### WHAT IS EXPECTED
After finding the line with "test_header b c" in the data below, set down exactly each line through the one with "send_room = λ s. 3;", inclusive, and stop there.
DATA SUPPLIED below:
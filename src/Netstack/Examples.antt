-- ===== src/Netstack/Examples.antt =====
-- Parsers for packets of one octet per header field, a socket that is two queues, and the theorems of
-- the network stack (crates/ombrac-netstack/src) at inputs for them.

use ombrac.Prelude.{
  ℕ, zero, suc, true, false, Option, none, some, List, [], ◌∷◌, ◌++◌, ◌-◌, ◌*◌, ◌+◌, get_elem?, ltb,
  All, length, take, drop, take-append-drop, take-append_exact, drop-append_exact, append_assoc,
  length-append, ◌≡◌, ◌⊎◌, refl, sym, ap, ◌∙◌, arith, ok, err,
}
use ombrac.Net.{Bytes, ip_v4, SocketAddr, v4, v6, io_error, IoResult, other, pending}
use ombrac.Netstack.{
  version_4, IpProtocol, tcp, udp, other_protocol, IpHeader, UdpHeader, Parsers, IpPacket,
  StackSplitSink, ipv4, parse_version, new_checked, wrapped, new_sink, poll_ready, ready_container,
  poll_flush, flush_container, flush_packet, reserve, start_send, start_checked, keep_routed,
}
use ombrac.Netstack.Sink.{
  SinkOperation, feed_packet, flush_sink, take_udp, drop_udp, operate, run, IsRouted, new_channel,
  run-IsRouted, start_ready, feed,
}
use ombrac.Netstack.Udp.{UdpPacket, ip_header_len, recv, PacketBuilder, build, send_built, send}
use ombrac.Netstack.Roundtrip.{Builds, plain_packet, recv-send}
use ombrac.Netstack.Device.{NetstackDevice, tx_room, receive_all, receive_all_lem}
use ombrac.Netstack.Worker.{parse_tcp, tcp_header, worker_index}
use ombrac.Netstack.Distribute.{worker_index-reply}
use ombrac.Netstack.Stream.{new_connection, TcpSocket, handle_socket_io, prune_socket}
use ombrac.Netstack.Flow.{Flow}
use ombrac.Netstack.Pipe
use ombrac.Netstack.Pipe.{Pipe, StreamOperation, read, write, turn, segment, IsPipe, run-IsPipe}
use ombrac.Netstack.Prune.{reads, handle_socket_io-pruned}

abbrev host_1 : Bytes
host_1 = 10 ∷ 0 ∷ 0 ∷ 1 ∷ []

abbrev host_2 : Bytes
host_2 = 10 ∷ 0 ∷ 0 ∷ 2 ∷ []

-- A packet here is its protocol, the last octets of its two addresses, and what is behind them.
abbrev test_protocol : ℕ → IpProtocol
test_protocol zero = tcp
test_protocol (suc zero) = udp
test_protocol (suc (suc n)) = other_protocol

abbrev test_ipv4 : Bytes → Option IpHeader
test_ipv4 [] = none
test_ipv4 (a ∷ []) = none
test_ipv4 (a ∷ b ∷ []) = none
test_ipv4 (a ∷ b ∷ c ∷ rest) = some (record {
  src_addr = ip_v4 (10 ∷ 0 ∷ 0 ∷ b ∷ []);
  dst_addr = ip_v4 (10 ∷ 0 ∷ 0 ∷ c ∷ []);
  next_header = test_protocol a;
  header_len = 3;
  payload = rest;
})

abbrev test_parsers : Parsers
test_parsers = record {
  of_packet = λ b. some version_4;
  ipv4_checked = test_ipv4;
  ipv6_checked = λ b. none;
  udp_checked = λ b. some (record { src_port = 2000; dst_port = 53; payload_len = length b - 8 });
  tcp_checked = λ b. some (record { src_port = 2000; dst_port = 53; syn = true; ack = false });
}

abbrev udp_packet : Bytes
udp_packet = 1 ∷ 1 ∷ 2 ∷ []

abbrev tcp_packet : Bytes
tcp_packet = 0 ∷ 1 ∷ 2 ∷ []

-- The receiver of the UDP packets takes one and goes away, and the next UDP packet is lost when a TCP
-- packet is to be fed.
abbrev test_feeds : List SinkOperation
test_feeds =
    feed_packet udp_packet
    ∷ flush_sink
    ∷ take_udp
    ∷ drop_udp
    ∷ feed_packet udp_packet
    ∷ feed_packet tcp_packet
    ∷ feed_packet tcp_packet
    ∷ []

abbrev test_run : StackSplitSink × List (Bytes × IpProtocol) × List (Bytes × IpProtocol)
test_run = run test_parsers (new_sink (new_channel 1) (new_channel 1)) [] [] test_feeds

test_sink :
    (test_run.0.udp_inbound.sent ≡ udp_packet ∷ [])
    × (test_run.1 ≡ (udp_packet, udp) ∷ (udp_packet, udp) ∷ (tcp_packet, tcp) ∷ [])
    × (test_run.2 ≡ (udp_packet, udp) ∷ [])
unfolding run operate feed start_ready poll_ready ready_container poll_flush flush_container
    flush_packet reserve start_send start_checked keep_routed new_checked parse_version
test_sink = (refl, refl, refl)

run-IsRouted_example : IsRouted test_run.0 test_run.1 test_run.2
run-IsRouted_example = run-IsRouted test_parsers 1 1 test_feeds

abbrev six : Bytes
six = 0 ∷ 0 ∷ 0 ∷ 0 ∷ 0 ∷ 0 ∷ []

-- A header here is each address behind its length; the UDP header begins with the two ports.
abbrev test_ip_part : Bytes → Bytes → Bytes
test_ip_part src dst = length src ∷ (src ++ length dst ∷ dst)

abbrev test_udp_part : ℕ → ℕ → Bytes
test_udp_part sp dp = sp ∷ dp ∷ six

abbrev behind_source : ℕ → Bytes → Bytes → Option IpHeader
behind_source n src [] = none
behind_source n src (m ∷ rest) = some (record {
  src_addr = ip_v4 src;
  dst_addr = ip_v4 (take m rest);
  next_header = udp;
  header_len = suc (n + suc m);
  payload = drop m rest;
})

abbrev echo_ipv4 : Bytes → Option IpHeader
echo_ipv4 [] = none
echo_ipv4 (n ∷ rest) = behind_source n (take n rest) (drop n rest)

abbrev echo_udp : Bytes → Option UdpHeader
echo_udp [] = none
echo_udp (sp ∷ []) = none
echo_udp (sp ∷ dp ∷ rest) =
    some (record { src_port = sp; dst_port = dp; payload_len = length rest - 6 })

abbrev echo_parsers : Parsers
echo_parsers = record test_parsers { ipv4_checked = echo_ipv4; udp_checked = echo_udp }

abbrev test_builder : PacketBuilder
test_builder = record {
  ipv4_udp =
      λ src dst ttl sp dp content. ok (test_ip_part src dst ++ (test_udp_part sp dp ++ content));
  ipv6_udp = λ src dst ttl sp dp content. err (io_error other "");
}

abbrev test_ip_header : Bytes → Bytes → Bytes → IpHeader
test_ip_header src dst payload = record {
  src_addr = ip_v4 src;
  dst_addr = ip_v4 dst;
  next_header = udp;
  header_len = suc (length src + suc (length dst));
  payload = payload;
}

echo_ipv4-part :
    (src dst rest : Bytes)
    → echo_ipv4 (test_ip_part src dst ++ rest) ≡ some (test_ip_header src dst rest)
echo_ipv4-part src dst rest =
    rw
      (
        append_assoc src (length dst ∷ dst) rest,
        take-append_exact src (length dst ∷ (dst ++ rest)),
        drop-append_exact src (length dst ∷ (dst ++ rest)),
        take-append_exact dst rest,
        drop-append_exact dst rest,
      )
      refl

test_builder-Builds : Builds echo_parsers test_builder
unfolding new_checked parse_version ip_header_len
test_builder-Builds = (
  λ src dst ttl content made e.
      let whole : test_ip_part src.ip dst.ip ++ (test_udp_part src.port dst.port ++ content)
          ≡ made =
        cc (e) in
      (
        test_ip_part src.ip dst.ip,
        test_udp_part src.port dst.port,
        ipv4 (test_ip_header src.ip dst.ip (test_udp_part src.port dst.port ++ content)),
        sym whole,
        refl,
        rw (sym whole) (
            ap (λ h. wrapped ipv4 h)
              (echo_ipv4-part src.ip dst.ip (test_udp_part src.port dst.port ++ content))),
        omega (arith, length-append src.ip (length dst.ip ∷ dst.ip)),
        refl,
        refl,
        ap (λ n. some (record { src_port = src.port; dst_port = dst.port; payload_len = n }))
            (omega arith),
      ),
  λ src dst ttl content made e. absurd (cc (e)),
)

abbrev test_udp_packet : UdpPacket
test_udp_packet = record {
  content = 7 ∷ 9 ∷ [];
  src_addr = v4 (record { ip = host_1; port = 2000 });
  dst_addr = v4 (record { ip = host_2; port = 53 });
}

abbrev test_made : Bytes
test_made = test_ip_part host_1 host_2 ++ (test_udp_part 2000 53 ++ 7 ∷ 9 ∷ [])

test_send : send test_builder 64 false test_udp_packet ≡ ok test_made
unfolding send send_built build
test_send = refl

recv-send_example : recv echo_parsers (test_made ∷ []) ≡ ([], some (plain_packet test_udp_packet))
recv-send_example =
    recv-send echo_parsers test_builder 64 test_udp_packet test_made [] test_builder-Builds
      test_send

abbrev full_device : NetstackDevice
full_device = record {
  rx_queue = udp_packet ∷ tcp_packet ∷ [];
  rx_capacity = 4;
  tx_queue = udp_packet ∷ [];
  tx_capacity = 1;
  max_transmission_unit = 1500;
}

receive_all_lem_example :
    ((receive_all full_device 2).0 ≡ record full_device { rx_queue = [] })
    × (((tx_room full_device ≡ true)
          × ((receive_all full_device 2).1 ≡ udp_packet ∷ tcp_packet ∷ []))
        ⊎ ((tx_room full_device ≡ false) × ((receive_all full_device 2).1 ≡ [])))
receive_all_lem_example = receive_all_lem 2 full_device

abbrev test_header : ℕ → ℕ → IpPacket
test_header b c = ipv4 (record {
  src_addr = ip_v4 (10 ∷ 0 ∷ 0 ∷ b ∷ []);
  dst_addr = ip_v4 (10 ∷ 0 ∷ 0 ∷ c ∷ []);
  next_header = tcp;
  header_len = 3;
  payload = [];
})

-- A parser with the port of a host as its last octet.
abbrev port_parsers : Parsers
port_parsers = record test_parsers {
  tcp_checked = λ b. some (record { src_port = 80; dst_port = 80; syn = true; ack = false });
}

abbrev last_octet : SocketAddr → ℕ
last_octet (v4 a) = elim (get_elem? a.ip 3) [ some n ↦ n | none ↦ 0 ]
last_octet (v6 a) = 0

abbrev sum_hash : SocketAddr → SocketAddr → ℕ
sum_hash a b = 3 * last_octet a + last_octet b

parsed_1 :
    parse_tcp port_parsers (new_checked port_parsers tcp_packet)
    ≡ some (test_header 1 2, record { src_port = 80; dst_port = 80; syn = true; ack = false })
unfolding parse_tcp tcp_header new_checked parse_version
parsed_1 = refl

parsed_2 :
    parse_tcp port_parsers (new_checked port_parsers (0 ∷ 2 ∷ 1 ∷ []))
    ≡ some (test_header 2 1, record { src_port = 80; dst_port = 80; syn = true; ack = false })
unfolding parse_tcp tcp_header new_checked parse_version
parsed_2 = refl

worker_index-reply_example :
    worker_index port_parsers sum_hash 4 (0 ∷ 2 ∷ 1 ∷ [])
    ≡ worker_index port_parsers sum_hash 4 tcp_packet
worker_index-reply_example =
    worker_index-reply port_parsers sum_hash 4 tcp_packet (0 ∷ 2 ∷ 1 ∷ []) (test_header 1 2)
      (test_header 2 1) (record { src_port = 80; dst_port = 80; syn = true; ack = false })
      (record { src_port = 80; dst_port = 80; syn = true; ack = false }) parsed_1 parsed_2 refl refl

-- What came in, and what it was given to send; two octets at a time can be read.
abbrev queue_socket : TcpSocket (Bytes × Bytes)
queue_socket = record {
  can_recv = λ s. ltb 0 (length s.0);
  recv_slice = λ s. ok (take 2 s.0);
  dequeue = λ s n. (drop n s.0, s.1);
  can_send = λ s. true;
  send_room = λ s. 3;
  enqueue = λ s b. (s.0, s.1 ++ b);
  is_open = λ s. true;
  is_active = λ s. true;
  close = λ s. s;
}

queue_socket-rest :
    (s : Bytes × Bytes) (slice : Bytes)
    → ◌≡◌ {A = IoResult Bytes} (ok (take 2 s.0)) (ok slice)
    → (rest : Bytes) × (s.0 ≡ slice ++ rest)
queue_socket-rest (a, b) slice e =
    let same : take 2 a ≡ slice = cc (e) in
    (drop 2 a, sym (take-append-drop 2 a) ∙ ap (λ r. r ++ drop 2 a) same)

abbrev queue_socket-Flow : Flow queue_socket
queue_socket-Flow = record {
  incoming = λ s. s.0;
  outgoing = λ s. s.1;
  recv_slice-incoming = queue_socket-rest;
  incoming-dequeue = λ s n. refl;
  outgoing-dequeue = λ s n. refl;
  incoming-enqueue = λ s b. refl;
  arrive = λ s b. (s.0 ++ b, s.1);
  incoming-arrive = λ s b. refl;
  outgoing-arrive = λ s b. refl;
  outgoing-enqueue = λ s b. refl;
}

abbrev new_pipe : Pipe (Bytes × Bytes)
new_pipe = record {
  socket = ([], []);
  connection = new_connection 4 4;
  delivered = [];
  accepted = [];
  arrived = [];
}

abbrev test_operations : List StreamOperation
test_operations = segment (1 ∷ 2 ∷ 3 ∷ []) ∷ write (4 ∷ 5 ∷ []) ∷ turn ∷ read 1 ∷ turn ∷ []

run-IsPipe_example :
    IsPipe queue_socket queue_socket-Flow
      (Pipe.run queue_socket queue_socket-Flow new_pipe test_operations)
run-IsPipe_example =
    run-IsPipe queue_socket queue_socket-Flow new_pipe test_operations
      (refl, refl, omega arith, omega arith)

abbrev listening : TcpSocket (Bytes × Bytes)
listening = record queue_socket { is_active = λ s. false }

handle_socket_io-pruned_example :
    (prune_socket listening
        (handle_socket_io listening ([], []) (new_connection 4 4)).0
        (handle_socket_io listening ([], []) (new_connection 4 4)).1
      ≡ none)
    × All
        (λ r. r ≡ pending)
        (reads (handle_socket_io listening ([], []) (new_connection 4 4)).1 (8 ∷ 8 ∷ []))
handle_socket_io-pruned_example =
    handle_socket_io-pruned listening ([], []) 4 4 (8 ∷ 8 ∷ []) refl refl refl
End of DATA SUPPLIED.
### WRITTEN SOLUTION
test_header b c = ipv4 (record {
  src_addr = ip_v4 (10 ∷ 0 ∷ 0 ∷ b ∷ []);
  dst_addr = ip_v4 (10 ∷ 0 ∷ 0 ∷ c ∷ []);
  next_header = tcp;
  header_len = 3;
  payload = [];
})

-- A parser with the port of a host as its last octet.
abbrev port_parsers : Parsers
port_parsers = record test_parsers {
  tcp_checked = λ b. some (record { src_port = 80; dst_port = 80; syn = true; ack = false });
}

abbrev last_octet : SocketAddr → ℕ
last_octet (v4 a) = elim (get_elem? a.ip 3) [ some n ↦ n | none ↦ 0 ]
last_octet (v6 a) = 0

abbrev sum_hash : SocketAddr → SocketAddr → ℕ
sum_hash a b = 3 * last_octet a + last_octet b

parsed_1 :
    parse_tcp port_parsers (new_checked port_parsers tcp_packet)
    ≡ some (test_header 1 2, record { src_port = 80; dst_port = 80; syn = true; ack = false })
unfolding parse_tcp tcp_header new_checked parse_version
parsed_1 = refl

parsed_2 :
    parse_tcp port_parsers (new_checked port_parsers (0 ∷ 2 ∷ 1 ∷ []))
    ≡ some (test_header 2 1, record { src_port = 80; dst_port = 80; syn = true; ack = false })
unfolding parse_tcp tcp_header new_checked parse_version
parsed_2 = refl

worker_index-reply_example :
    worker_index port_parsers sum_hash 4 (0 ∷ 2 ∷ 1 ∷ [])
    ≡ worker_index port_parsers sum_hash 4 tcp_packet
worker_index-reply_example =
    worker_index-reply port_parsers sum_hash 4 tcp_packet (0 ∷ 2 ∷ 1 ∷ []) (test_header 1 2)
      (test_header 2 1) (record { src_port = 80; dst_port = 80; syn = true; ack = false })
      (record { src_port = 80; dst_port = 80; syn = true; ack = false }) parsed_1 parsed_2 refl refl

-- What came in, and what it was given to send; two octets at a time can be read.
abbrev queue_socket : TcpSocket (Bytes × Bytes)
queue_socket = record {
  can_recv = λ s. ltb 0 (length s.0);
  recv_slice = λ s. ok (take 2 s.0);
  dequeue = λ s n. (drop n s.0, s.1);
  can_send = λ s. true;
  send_room = λ s. 3;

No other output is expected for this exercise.